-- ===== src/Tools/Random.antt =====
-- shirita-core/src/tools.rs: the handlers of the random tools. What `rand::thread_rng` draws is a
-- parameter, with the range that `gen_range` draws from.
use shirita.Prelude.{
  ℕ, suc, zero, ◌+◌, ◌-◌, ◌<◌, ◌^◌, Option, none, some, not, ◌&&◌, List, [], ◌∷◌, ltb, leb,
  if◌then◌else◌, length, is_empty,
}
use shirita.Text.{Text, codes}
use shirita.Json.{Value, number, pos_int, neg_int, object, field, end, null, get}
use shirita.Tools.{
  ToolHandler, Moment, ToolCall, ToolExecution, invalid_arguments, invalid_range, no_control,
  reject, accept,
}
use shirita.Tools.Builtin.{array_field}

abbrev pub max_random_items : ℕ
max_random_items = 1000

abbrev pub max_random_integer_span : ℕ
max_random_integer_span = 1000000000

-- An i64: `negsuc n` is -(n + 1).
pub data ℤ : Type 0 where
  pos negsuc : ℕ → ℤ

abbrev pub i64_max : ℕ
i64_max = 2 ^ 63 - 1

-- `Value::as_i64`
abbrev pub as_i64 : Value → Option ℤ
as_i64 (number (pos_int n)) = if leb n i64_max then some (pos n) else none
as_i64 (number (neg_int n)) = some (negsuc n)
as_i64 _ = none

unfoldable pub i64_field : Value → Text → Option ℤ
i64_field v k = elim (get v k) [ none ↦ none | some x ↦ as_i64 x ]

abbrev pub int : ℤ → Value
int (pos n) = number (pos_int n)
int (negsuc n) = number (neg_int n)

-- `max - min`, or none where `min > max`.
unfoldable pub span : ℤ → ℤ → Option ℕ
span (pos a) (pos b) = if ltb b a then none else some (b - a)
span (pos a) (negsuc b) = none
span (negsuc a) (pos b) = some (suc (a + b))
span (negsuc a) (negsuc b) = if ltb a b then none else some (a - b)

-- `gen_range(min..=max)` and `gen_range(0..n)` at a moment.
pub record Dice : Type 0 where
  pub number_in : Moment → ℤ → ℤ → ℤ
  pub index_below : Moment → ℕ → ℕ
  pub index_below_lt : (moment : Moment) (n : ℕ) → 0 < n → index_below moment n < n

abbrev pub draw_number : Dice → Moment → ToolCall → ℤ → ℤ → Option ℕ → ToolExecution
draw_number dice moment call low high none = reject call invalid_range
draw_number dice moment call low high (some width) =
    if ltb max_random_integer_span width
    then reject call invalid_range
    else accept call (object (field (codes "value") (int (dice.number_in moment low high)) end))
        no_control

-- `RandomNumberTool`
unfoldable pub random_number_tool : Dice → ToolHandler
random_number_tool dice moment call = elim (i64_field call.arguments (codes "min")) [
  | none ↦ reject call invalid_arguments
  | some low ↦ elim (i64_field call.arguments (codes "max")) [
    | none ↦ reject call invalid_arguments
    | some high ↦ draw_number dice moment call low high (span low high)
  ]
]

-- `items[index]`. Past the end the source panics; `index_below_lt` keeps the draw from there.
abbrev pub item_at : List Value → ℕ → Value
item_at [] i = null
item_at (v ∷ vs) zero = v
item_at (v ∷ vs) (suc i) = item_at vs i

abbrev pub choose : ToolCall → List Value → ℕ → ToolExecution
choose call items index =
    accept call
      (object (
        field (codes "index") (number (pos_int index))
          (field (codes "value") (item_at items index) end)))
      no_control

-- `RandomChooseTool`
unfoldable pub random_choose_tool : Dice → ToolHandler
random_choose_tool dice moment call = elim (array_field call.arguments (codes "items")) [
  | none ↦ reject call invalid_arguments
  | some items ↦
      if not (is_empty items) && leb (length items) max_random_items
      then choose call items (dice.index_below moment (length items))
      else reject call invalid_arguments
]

========

* What is required *
Take from the listing every line in which the word "null" appears.

* Task solution *
use shirita.Json.{Value, number, pos_int, neg_int, object, field, end, null, get}
item_at [] i = null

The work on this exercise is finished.